Alois Stadlober, Markus Gandler, Mikhail Botvinov und Christian Hoffmann.

Vier Namen, die unvergessen sind.

Ihre Erfolge – allen voran der Staffel-Triumph bei der Heim-Weltmeisterschaft 1999 in der Ramsau – haben in Österreich für ein „Langlauf-Wunder“ gesorgt.

Spätestens mit dem Dopingskandal von Turin wurde dieses abrupt beendet.

Nach Jahren der Dürre im heimischen Langlauf wächst nun allerdings wieder ein kleines, aber feines Team heran, das auch den internationalen Vergleich nicht länger scheuen muss.

ÖSV-Sportdirektor Markus Gandler hat sich ausführlich für LAOLA1 Zeit genommen und spricht über die WM-Leistungen seiner Schützlinge, die Affäre von 2006 sowie die Differenzen mit seinem einstigen Weggefährten Stadlober, der als Trainer von Tochter Teresa seinen eigenen Weg durchzieht.

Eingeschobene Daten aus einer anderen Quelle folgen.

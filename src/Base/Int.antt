-- ===== src/Base/Int.antt =====
-- Go's `int` where the code lets it fall below zero: counters that are only set, compared and
-- decremented. `negsuc n` is -(n + 1).
use Prim.Native.Nat.{ℕ, zero, suc}
use mathlib.Core.Bool.{Bool, true, false}

pub data ℤ : Type 0 where
  pos : ℕ → ℤ
  negsuc : ℕ → ℤ

unfoldable pub pred_ℤ : ℤ → ℤ
pred_ℤ (pos (suc n)) = pos n
pred_ℤ (pos zero) = negsuc zero
pred_ℤ (negsuc n) = negsuc (suc n)

unfoldable pub is_zero : ℤ → Bool
is_zero (pos zero) = true
is_zero (pos (suc n)) = false
is_zero (negsuc n) = false

unfoldable pub is_one : ℤ → Bool
is_one (pos (suc zero)) = true
is_one (pos (suc (suc n))) = false
is_one (pos zero) = false
is_one (negsuc n) = false
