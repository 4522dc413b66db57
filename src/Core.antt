-- ===== src/Core.antt =====
-- The state that a server keeps about its cluster: internal/core.
pub mod Ascon
pub mod NodeList
pub mod NodeManager
pub mod GossipManager
pub mod RunLoop
pub mod SyncManager
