-- ===== src/Core/Ascon.antt =====
-- The wrapper around the ASCON cipher: internal/core/ascon.go. The cipher itself is a library, and so a
-- parameter. The mutexes are left out; a nonce is what `rand.Read` fills sixteen bytes with, or
-- `none` where it fails.
use eswim.Base.{
  ℕ, ◌==◌, ltb, ◌<◌, ◌≡◌, ◌∙◌, Bool, true, Option, none, some, List, ◌++◌, length, take, drop,
  subst, take-append, drop-append, length-append, if◌then◌else◌, arith,
}

-- `ascon.New` at Ascon128a takes some keys, and `Open` undoes `Seal` under the same key and nonce, as
-- the library documents it.
pub record Cipher : Type 0 where
  pub accepts : List ℕ → Bool
  pub seal : List ℕ → List ℕ → List ℕ → List ℕ
  pub open_text : List ℕ → List ℕ → List ℕ → Option (List ℕ)
  pub open_text-seal :
      (key nonce plain : List ℕ)
      → accepts key ≡ true
      → length nonce ≡ 16
      → open_text key nonce (seal key nonce plain) ≡ some plain

-- `asconWrapper`: the two ciphers of a wrapper have the same key. Without one, it is not enabled.
pub data Ascon : Type 0 where
  disabled : Ascon
  keyed : List ℕ → Ascon

-- What `Open` gives: bytes, nil, or a panic at a slice out of range.
pub data Opened : Type 0 where
  panicked rejected : Opened
  opened : List ℕ → Opened

module _ (cipher : Cipher) where
  -- `NewASCON`
  unfoldable pub new_ascon : List ℕ → Option Ascon
  new_ascon key =
      if length key == 0
      then some disabled
      else if cipher.accepts key
      then some (keyed key)
      else none

  unfoldable pub seal : Ascon → Option (List ℕ) → List ℕ → Option (List ℕ)
  seal disabled random plain = some plain
  seal (keyed key) none plain = none
  seal (keyed key) (some nonce) plain = some (nonce ++ cipher.seal key nonce plain)

  unfoldable pub open_data : Ascon → List ℕ → Opened
  open_data disabled sealed = opened sealed
  open_data (keyed key) sealed =
      if ltb (length sealed) 16
      then panicked
      else (elim (cipher.open_text key (take 16 sealed) (drop 16 sealed)) [
        | none ↦ rejected
        | some plain ↦ opened plain
      ])

  open_text-cut :
      (key nonce text : List ℕ)
      → length nonce ≡ 16
      → cipher.open_text key (take 16 (nonce ++ text)) (drop 16 (nonce ++ text))
        ≡ cipher.open_text key nonce text
  open_text-cut key nonce text h =
      subst
        (λ n.
          cipher.open_text key (take n (nonce ++ text)) (drop n (nonce ++ text))
          ≡ cipher.open_text key nonce text)
        h (rw (take-append nonce text, drop-append nonce text))

  open_data-keyed :
      (key nonce plain : List ℕ)
      → cipher.accepts key ≡ true
      → length nonce ≡ 16
      → open_data (keyed key) (nonce ++ cipher.seal key nonce plain) ≡ opened plain
  unfolding open_data
  open_data-keyed key nonce plain a h =
      let e =
        open_text-cut key nonce (cipher.seal key nonce plain) h
        ∙ cipher.open_text-seal key nonce plain a h in
      let l = length-append nonce (cipher.seal key nonce plain) in ground (arith, e, l, h)

  new_ascon-accepts : (key k : List ℕ) → new_ascon key ≡ some (keyed k) → cipher.accepts k ≡ true
  unfolding new_ascon
  new_ascon-accepts key k h = ground arith

  -- A wrapper that `NewASCON` makes opens what it has sealed under a nonce of sixteen bytes.
  pub open_data-seal :
      (key nonce plain sealed : List ℕ) (a : Ascon)
      → new_ascon key ≡ some a
      → length nonce ≡ 16
      → seal a (some nonce) plain ≡ some sealed
      → open_data a sealed ≡ opened plain
  unfolding seal open_data
  open_data-seal key nonce plain sealed disabled n h e = cc
  open_data-seal key nonce plain sealed (keyed k) n h e =
      subst (λ x. open_data (keyed k) x ≡ opened plain) (cc)
        (open_data-keyed k nonce plain (new_ascon-accepts key k n) h)

  -- A datagram that is shorter than a nonce makes a wrapper with a key panic.
  pub open_data_short :
      (key sealed : List ℕ) → length sealed < 16 → open_data (keyed key) sealed ≡ panicked
  unfolding open_data
  open_data_short key sealed h = ground (arith, h)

Zudem nimmt der Tiroler Stellung zum WM-Abschneiden der Biathleten, für die er ebenso zuständig ist, und die Aussage Peter Schröcksnadels, der das gesamte Team hinterfragen will.

LAOLA1: Markus, wie beurteilst du die bisherigen Leistungen der Langläufer?

Markus Gandler: Katerina (Smutna) war im Bereich dessen, wo sie hingehört. In der Quali des Klassiks-Sprints hatte sie allerdings einen Husten-Anfall, sodass wir Angst hatten, sie würde im Viertelfinale nicht mehr starten können. Dadurch hat im Viertelfinale das nötige Eitzerl gefehlt. Bei Wurm/Tritscher waren die Top 10 das Ziel, das haben sie geschafft. Mit Platz sieben müssen wir sehr zufrieden sein, viel besser geht's nicht. Joe (Dürr) als 15. im Skiathlon war ebenfalls sehr stark. Er war nur 16 Sekunden von Gold weg. Und bei Theresa (Stadlober) sind wir im Skiathlon ohne Erwartungen gewesen. Für sie geht es hier darum, Erfahrungen zusammeln. So gesehen war ihre Leistung mit Rang 29 auch sehr zufriedenstellend.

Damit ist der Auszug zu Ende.